__MATERIAL PROVIDED__.
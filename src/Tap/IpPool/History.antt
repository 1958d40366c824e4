-- ===== src/Tap/IpPool/History.antt =====
-- Leases over any sequence of GetOrAssign and Release.
use gvisor_tap_vsock.Base.{
  ◌≡◌, refl, sym, ap, ◌∙◌, ◌≢◌, inl, inr, ◌↔◌, false, arith, none, some, List, [], ◌∷◌, Text,
  text_eq, lookup, delete, All, lookup-delete, ==_iff, ◌==◌, Option-cases, Bool-cases,
}
use gvisor_tap_vsock.GoNet.{GoNet, Ip, IpNet, HostsAreAddresses}
use gvisor_tap_vsock.Tap.IpPool.{IpPool, find_ip, get_or_assign, release}
use gvisor_tap_vsock.Tap.IpPool.Search.{lookup-find_ip, find_ip-ne-none, find_ip-eq_of_lookup}
use gvisor_tap_vsock.Tap.IpPool.Leases.{IsValid, release-IsValid}
use gvisor_tap_vsock.Tap.IpPool.Assign.{
  get_or_assign-IsValid, get_or_assign_fails, get_or_assign_leases, get_or_assign_held,
}

module _ (net : GoNet) (p : IpPool) (given : Text) (v : IsValid net p) where
  -- Release deletes the one lease of the MAC address.
  release_held :
      (ip : Text)
      → lookup ip p.leases ≡ some given
      → release p given ≡ record p { leases = delete ip p.leases }
  unfolding release
  release_held [] h = absurd ((v.addresses [] given h).1 refl)
  release_held (c ∷ ip) h = rw (find_ip-eq_of_lookup given (c ∷ ip) p.leases v.macs h, release)

  release_unknown : find_ip given p.leases ≡ none → release p given ≡ p
  unfolding release
  release_unknown e = rw (e, release)

  -- After Release, on a valid pool, the MAC address holds no lease, and all others hold the leases that they held.
  pub release_lem :
      ((ip : Text) → lookup ip (release p given).leases ≢ some given)
      × ((ip owner : Text)
          → owner ≢ given
          → (lookup ip (release p given).leases ≡ some owner) ↔ (lookup ip p.leases ≡ some owner))
  release_lem = elim (Option-cases (find_ip given p.leases)) [
    | inl e ↦
        rw (release_unknown e)
          (λ ip h. find_ip-ne-none given ip p.leases h e, λ ip owner ne. (λ h. h, λ h. h))
    | inr (t, e) ↦
        let held = lookup-find_ip given t p.leases v.keys e in
        rw (release_held t held) (
          λ ip h.
              let other : (t == ip) ≡ false = ground (arith, lookup-delete t ip p.leases) in
              let before : lookup ip p.leases ≡ some given =
                ground (arith, lookup-delete t ip p.leases) in
              let same : t ≡ ip = cc (e, find_ip-eq_of_lookup given ip p.leases v.macs before) in
              ground (arith, ==_iff t ip),
          λ ip owner ne. (
            λ h. ground (arith, lookup-delete t ip p.leases),
            λ h. elim (Bool-cases (t == ip)) [
              | inl same ↦ let e' : t ≡ ip = (==_iff t ip).0 same in absurd (ne (cc))
              | inr differ ↦ rw (lookup-delete t ip p.leases, differ) h
            ],
          ),
        )
  ]

pub data Call : Type 0 where
  assigns releases : Text → Call

unfoldable pub step : GoNet → IpPool → Call → IpPool
step net p (assigns mac) = (get_or_assign net p mac).1
step net p (releases mac) = release p mac

unfoldable pub run : GoNet → IpPool → List Call → IpPool
unfolding step
run net p [] = p
run net p (c ∷ calls) = run net (step net p c) calls

pub lookup-get_or_assign :
    (net : GoNet) (p : IpPool) (asking : Text)
    → IsValid net p
    → HostsAreAddresses net p.base
    → (ip mac : Text) → lookup ip p.leases ≡ some mac
    → lookup ip (get_or_assign net p asking).1.leases ≡ some mac
lookup-get_or_assign net p asking v hosts ip mac h =
    elim (Option-cases (get_or_assign net p asking).0) [
      | inl failed ↦ rw ((get_or_assign_fails net p asking v hosts).1 failed) h
      | inr (a, got) ↦ (get_or_assign_leases net p asking v hosts a got).1 ip mac h
    ]

pub base-step : (net : GoNet) (p : IpPool) (c : Call) → (step net p c).base ≡ p.base
unfolding step get_or_assign release
base-step net p (assigns mac) = ground arith
base-step net p (releases mac) = ground arith

module _ (net : GoNet) (base : IpNet) (hosts : HostsAreAddresses net base) where
  step-IsValid :
      (p : IpPool) (c : Call) → IsValid net p → p.base ≡ base → IsValid net (step net p c)
  unfolding step
  step-IsValid p (assigns mac) v e = get_or_assign-IsValid net p mac v (rw e hosts)
  step-IsValid p (releases mac) v e = release-IsValid net p mac v

  -- Any sequence of GetOrAssign and Release calls keeps a pool valid: one lease for an address, one
  -- address for a MAC address, and every key the text of an address; provided that the hosts of the
  -- network print as addresses.
  pub run-IsValid :
      (p : IpPool) (calls : List Call)
      → IsValid net p
      → p.base ≡ base
      → IsValid net (run net p calls)
  unfolding run
  run-IsValid p [] v e = v
  run-IsValid p (c ∷ calls) v e =
      run-IsValid (step net p c) calls (step-IsValid p c v e) (base-step net p c ∙ e)

  lookup-step :
      (p : IpPool) (c : Call) (ip mac : Text)
      → IsValid net p
      → p.base ≡ base
      → c ≢ releases mac
      → lookup ip p.leases ≡ some mac
      → lookup ip (step net p c).leases ≡ some mac
  unfolding step
  lookup-step p (assigns other) ip mac v e ne h =
      lookup-get_or_assign net p other v (rw e hosts) ip mac h
  lookup-step p (releases other) ip mac v e ne h =
      ((release_lem net p other v).1 ip mac (λ same. ne (ap releases (sym same)))).1 h

  -- A lease lasts until its holder releases it. From a valid pool, over any calls of GetOrAssign and
  -- Release that do not release the leases of the MAC address, the MAC address is then given the
  -- address of its lease, which changes nothing, and no other MAC address is given that address.
  pub lease_lasts :
      (p : IpPool) (calls : List Call) (ip mac other : Text) (a : Ip)
      → other ≢ mac
      → net.ip_string a ≡ ip
      → IsValid net p
      → p.base ≡ base
      → All (λ c. c ≢ releases mac) calls
      → lookup ip p.leases ≡ some mac
      → (get_or_assign net (run net p calls) mac ≡ (some (net.parse_ip ip), run net p calls))
        × ((get_or_assign net (run net p calls) other).0 ≢ some a)
  unfolding run
  lease_lasts p [] ip mac other a ne same v e kept h = (
    get_or_assign_held net p mac v (rw e hosts) ip h,
    λ got.
        let (mine, others) = get_or_assign_leases net p other v (rw e hosts) a got in
        let again = others ip mac h in let mine' = rw same at mine in ne (cc),
  )
  lease_lasts p (c ∷ calls) ip mac other a ne same v e kept h =
      lease_lasts (step net p c) calls ip mac other a ne same (step-IsValid p c v e)
        (base-step net p c ∙ e) kept.1 (lookup-step p c ip mac v e kept.0 h)
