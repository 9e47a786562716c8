-- ===== src/Link/Send.antt =====
-- `zipc_send` and `rollback_transfer` of src/core/zipc.c.
pub mod Rollback
pub mod Laws
use z_ipc.Base.{refl, ◌≡◌, ℕ, true, false, ◌||◌, ◌==◌, not, if◌then◌else◌, Bool}
use z_ipc.Word.{sub32}
use z_ipc.Status.{
  Status, ok, is_ok, transport_published, recovery_required, invalid_buffer, component_stale,
  not_owner, invalid_component_id, claiming, in_transfer, owned, is_in_transfer, error,
}
use z_ipc.Handle.{claim_token_make, rollback, handle_generation}
use z_ipc.State.{
  World, Buffer, Message, Slot, buffer_invalid, cas_state, cas_token, put_slot, clear_claim_token,
}
use z_ipc.Platform.{Platform, protect_slot}
use z_ipc.Trace.{trace_external_event}
use z_ipc.Buffer.{buffer_owned, has_control, index_of, control_of}
use z_ipc.Protocol.Common.{give_back}
use z_ipc.Protocol.Transfer.{buffer_prepare_transfer_internal}
use z_ipc.Transport.{Transport, message_zero}
use z_ipc.Link.{Link, epoch_stale}

-- The slot as it was before the transfer, but for its state and token.
unfoldable pub undone_slot : Link → Message → Slot → Slot
undone_slot link message s = record s {
  next_owner_id = invalid_component_id;
  transfer_sequence = sub32 message.transfer_sequence 1;
  owner_id = link.local_component;
}

-- The part of a rollback that runs in CLAIMING, on the claimed slot. Where the pages do not open,
-- the slot is left in CLAIMING for a recovery.
unfoldable pub rollback_claimed :
    Platform → Link → Buffer → Message → ℕ → Slot → World → Status × World
rollback_claimed p link buffer message claim s w =
    let slot_id = index_of buffer.control in
    let undone = undone_slot link message s in
    let (status, w1) = protect_slot p w buffer.slot_id true in
    if not (s.generation == handle_generation message.handle)
      || not (s.owner_id == link.local_component)
      || not (s.next_owner_id == link.remote_component)
      || not (s.transfer_sequence == message.transfer_sequence)
    then (recovery_required, put_slot w slot_id (give_back in_transfer claim s))
    else if not (is_ok status)
    then (status, put_slot w1 slot_id undone)
    else (ok, put_slot w1 slot_id (give_back owned claim undone))

unfoldable pub rollback_transfer : Platform → Link → Buffer → Message → World → Status × World
rollback_transfer p link buffer message w =
    let slot_id = index_of buffer.control in
    let s = control_of w buffer in
    let claim = claim_token_make rollback link.local_component link.local_epoch in
    let noted = record s { claim_previous_sequence = sub32 message.transfer_sequence 1 } in
    let (token_won, s1) = cas_token 0 claim noted in
    let (state_won, s2) = cas_state in_transfer claiming s1 in
    if not (has_control buffer.control)
    then (recovery_required, w)
    else if not (is_in_transfer s.state)
    then (recovery_required, w)
    else if not token_won
    then (recovery_required, put_slot w slot_id noted)
    else if not state_won
    then (recovery_required, put_slot w slot_id (clear_claim_token s1 claim))
    else rollback_claimed p link buffer message claim s2 w

-- `status == ZIPC_ERR_TRANSPORT_PUBLISHED`
abbrev pub is_published : Status → Bool
is_published transport_published = true
is_published _ = false

pub is_published_only : (s : Status) → is_published s ≡ true → s ≡ transport_published
is_published_only transport_published h = refl
is_published_only _ h = cc

-- The error is traced, and the caller loses the buffer.
unfoldable pub lose_buffer :
    {T : Type 0} → Platform → Link → Message → Status → T → World → Status × Buffer × T × World
lose_buffer p link message status t w = (
  status,
  buffer_invalid,
  t,
  trace_external_event p w message.handle message.transfer_sequence link.local_component error,
)

-- What follows the transport's answer.
unfoldable pub settle_send :
    {T : Type 0}
    → Platform
    → Link
    → Buffer
    → Message
    → Status
    → T
    → World
    → Status × Buffer × T × World
settle_send p link buffer message status t w =
    let (rollback_status, w1) = rollback_transfer p link buffer message w in
    if is_published status
    then lose_buffer p link message status t w
    else if not (is_ok status)
    then (if not (is_ok rollback_status)
        then lose_buffer p link message rollback_status t w1
        else (status, buffer, t, w1))
    else (ok, buffer_invalid, t, w)

-- `BI(buffer)->pool` is the pool of the world, and so of the link, where it is set.
unfoldable pub link_send :
    {T : Type 0} → Transport T → Platform → Link → Buffer → T → World → Status × Buffer × T × World
link_send tr p link buffer t w =
    let (status, message, w1) =
      buffer_prepare_transfer_internal p buffer.handle link.local_component link.remote_component
        link.link_id message_zero w in
    let (sent_status, t1) = tr.send message t in
    if not (buffer_owned w buffer)
    then (invalid_buffer, buffer, t, w)
    else if epoch_stale w link || not (buffer.owner_epoch == link.local_epoch)
    then (component_stale, buffer, t, w)
    else if not buffer.attached || not (buffer.owner == link.local_component)
    then (not_owner, buffer, t, w)
    else if not (is_ok status)
    then (status, buffer, t, w1)
    else settle_send p link buffer message sent_status t1 w1

-- The timeout is ignored.
unfoldable pub link_send_timeout :
    {T : Type 0}
    → Transport T
    → Platform
    → Link
    → Buffer
    → ℕ
    → T
    → World
    → Status × Buffer × T × World
link_send_timeout tr p link buffer timeout_ticks t w = link_send tr p link buffer t w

__WHAT IS NEEDED__.
Above are the entries. Quote exactly the lines from the one bearing "link.link_id message_zero w in" through the one bearing "then (component_stale, buffer, t, w)".

__TASK RESULT__.
        link.link_id message_zero w in
    let (sent_status, t1) = tr.send message t in
    if not (buffer_owned w buffer)
    then (invalid_buffer, buffer, t, w)
    else if epoch_stale w link || not (buffer.owner_epoch == link.local_epoch)
    then (component_stale, buffer, t, w)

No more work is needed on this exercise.